(1994; 52 pages)
Background of the project
Postpartum haemorrhage (PPH) is still one of the most common causes of maternal death, especially in third world countries (1,2,3). In these countries emergency referral in cases of severe bleeding is difficult to arrange, so its prevention and management at all levels of obstetric care is vital. For prevention and management of PPH, the use of oxytocics in the postpartum period is advocated (4). Oxytocin is the preferred drug in the prevention and management of blood loss after childbirth (3,5). In tropical climates drugs need to be stable, and when they are used by untrained people the route of administration should be simple. Therefore, the use of oral oxytocic drugs [oral ergometrine (E), methylergometrine (ME), buccal oxytocin (OT) and buccal desamino-oxytocin (DOT)], with a favourable effect on both blood loss and maternal morbidity and mortality, was regarded as a possible solution to these problems in tropical countries.
The stability of preparations under tropical conditions is not normally investigated during manufacturers' stability studies; and if it is, the results are not readily available. In third world countries, it is often practically and/or economically impossible to protect pharmaceutical preparations from the harmful effects of high temperatures and high relative humidity during transportation, storage and use. Protection against the heat is only possible by storing products in cooled storage rooms or refrigerators. More often than not, this is impossible (6,7). Use of humidity-resistant packaging, which could protect the drug until the moment of consumption, is too expensive for general use in developing countries (up to one third of the price of the unpacked drug) (8). Thus, as soon as a sealed container is opened, humidity can penetrate and accelerate physical, chemical, as well as microbiological deterioration and affect the stability of the drug.

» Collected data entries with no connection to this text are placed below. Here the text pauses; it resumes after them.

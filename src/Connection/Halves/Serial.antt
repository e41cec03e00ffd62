-- ===== src/Connection/Halves/Serial.antt =====
-- Calls one at a time, without a mutex: what the calls on a half are held against.
use iroh_dart.Prelude.{◌≡◌, List, [], ◌∷◌, ◌++◌}
use iroh_dart.Connection.Halves.{Polled, pending, ready}

module _ {Request Op Stream Answer : Type 0} (future : Request → Op)
    (poll : Op → Stream → Polled Op Answer × Stream) (Peer : Stream → Stream → Type 0) where
  -- One future is polled to some point; only the peer acts between its polls.
  pub data Alone (op : Op) (stream : Stream) : Op → Stream → Type 0 where
    begun : Alone op stream op stream
    again :
        (o o' : Op) (s s' : Stream)
        → Alone op stream o s
        → poll o s ≡ (pending o', s')
        → Alone op stream o' s'
    between : (o : Op) (s s' : Stream) → Alone op stream o s → Peer s s' → Alone op stream o s'

  -- Whole calls, each after the end of the one before.
  pub data Serial (stream : Stream) : List (Request × Answer) → Stream → Type 0 where
    nothing_yet : Serial stream [] stream
    idles :
        (served : List (Request × Answer)) (s s' : Stream)
        → Serial stream served s
        → Peer s s'
        → Serial stream served s'
    serves :
        (served : List (Request × Answer)) (r : Request) (op : Op) (a : Answer) (s s' s'' : Stream)
        → Serial stream served s
        → Alone (future r) s op s'
        → poll op s' ≡ (ready a, s'')
        → Serial stream (served ++ ((r, a) ∷ [])) s''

Recent reports and stability studies of injectable oxytocics have shown a remarkable degree of instability on exposure to increased temperatures and exposure to light (9-12); injectable E and ME, in particular, are unstable under (simulated) tropical conditions. Moreover, large differences in potency and stability between the various brands and formulations seem to be more important than the differences between ergometrine and methylergometrine. Under tropical conditions, injectable oxytocin is more stable than injectable (methyl)ergometrine (13).
Almost nothing is known about the stability of ergometrine, methylergometrine or oxytocin tablets under tropical conditions. Recommendations for storage of ergometrine and methylergometrine tablets all advise the use of well-sealed containers for ergometrine tablets and tight, light resistant containers for methylergometrine tablets. General storage temperature recommendations indicate storage at a temperature not exceeding 8°C (6,9,14) and not exceeding 25°C for oxytocin (15). We assumed that the stability of tablets would be better than the stability of ampoules. The absence of stability data on tablets in both temperate and tropical climates meant that a stability study of oxytocic tablets under (simulated) tropical conditions was needed.
The aim of the investigation was to examine the stability of ergometrine, methyl-ergometrine, oxytocin and desamino-oxytocin tablets, in order to determine whether it would be feasible to replace the parenteral route of oxytocics by these drugs. The stability of the compounds was assessed by an experimental shelf-life methodology.